**Stored items:**
☆ ☆ ☆

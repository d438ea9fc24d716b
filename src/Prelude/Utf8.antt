-- ===== src/Prelude/Utf8.antt =====
-- `String::from_utf8` of Rust's standard library: which byte sequences it accepts.
use Prim.Native.Nat.{ℕ, zero, suc}
use mathlib.Core.Bool.{Bool, true, false, ◌&&◌}
use mathlib.Core.Option.{Option, none, some}
use mathlib.Core.List.{List, foldl}
use alpha_swarm.Prelude.Tests.{ltb, leb, if◌then◌else◌}

-- Continuation bytes still wanted, and the range of the next one. `none` is a malformed sequence.
abbrev Expected : Type 0
Expected = Option (ℕ × ℕ × ℕ)

abbrev within : ℕ → ℕ → ℕ → Bool
within lo hi b = leb lo b && leb b hi

-- The first byte of a character. The narrower ranges exclude overlong forms, surrogates and
-- values above 0x10FFFF.
lead : ℕ → Expected
lead b =
    if ltb b 0x80
    then some (0, 0, 0)
    else if within 0xC2 0xDF b
    then some (1, 0x80, 0xBF)
    else if within 0xE0 0xE0 b
    then some (2, 0xA0, 0xBF)
    else if within 0xED 0xED b
    then some (2, 0x80, 0x9F)
    else if within 0xE1 0xEF b
    then some (2, 0x80, 0xBF)
    else if within 0xF0 0xF0 b
    then some (3, 0x90, 0xBF)
    else if within 0xF1 0xF3 b
    then some (3, 0x80, 0xBF)
    else if within 0xF4 0xF4 b
    then some (3, 0x80, 0x8F)
    else none

next_byte : Expected → ℕ → Expected
unfolding lead
next_byte none b = none
next_byte (some (zero, lo, hi)) b = lead b
next_byte (some (suc n, lo, hi)) b = if within lo hi b then some (n, 0x80, 0xBF) else none

abbrev ended : Expected → Bool
ended (some (zero, lo, hi)) = true
ended _ = false

unfoldable pub is_utf8 : List ℕ → Bool
unfolding next_byte
is_utf8 bytes = ended (foldl next_byte (some (0, 0, 0)) bytes)
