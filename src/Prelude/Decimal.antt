-- ===== src/Prelude/Decimal.antt =====
-- `format!("{n}")` for a `u32`: decimal digits, the most significant first.
use Prim.Native.Nat.{ℕ, zero, suc, ◌+◌, ◌/◌, ◌%◌}
use mathlib.Core.List.{[], ◌∷◌, ◌++◌}
use alpha_swarm.Prelude.Tests.{ltb, if◌then◌else◌}
use alpha_swarm.Prelude.Texts.{Text}

digits : ℕ → ℕ → Text
digits zero n = []
digits (suc fuel) n =
    let higher = digits fuel (n / 10) in
    if ltb n 10 then (b'0' + n) ∷ [] else higher ++ (b'0' + n % 10) ∷ []

-- A `u32` has at most ten digits.
unfoldable pub decimal : ℕ → Text
unfolding digits
decimal n = digits 10 n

☆ ☆ ☆

**EXERCISE:** In the entries above, the lines from the one bearing "then some (1, 0x80, 0xBF)" up to and including the one bearing "then some (3, 0x80, 0xBF)" should be transcribed exactly; no other line is wanted.

**REPLY TO THE TASK:**
    then some (1, 0x80, 0xBF)
    else if within 0xE0 0xE0 b
    then some (2, 0xA0, 0xBF)
    else if within 0xED 0xED b
    then some (2, 0x80, 0x9F)
    else if within 0xE1 0xEF b
    then some (2, 0x80, 0xBF)
    else if within 0xF0 0xF0 b
    then some (3, 0x90, 0xBF)
    else if within 0xF1 0xF3 b
    then some (3, 0x80, 0xBF)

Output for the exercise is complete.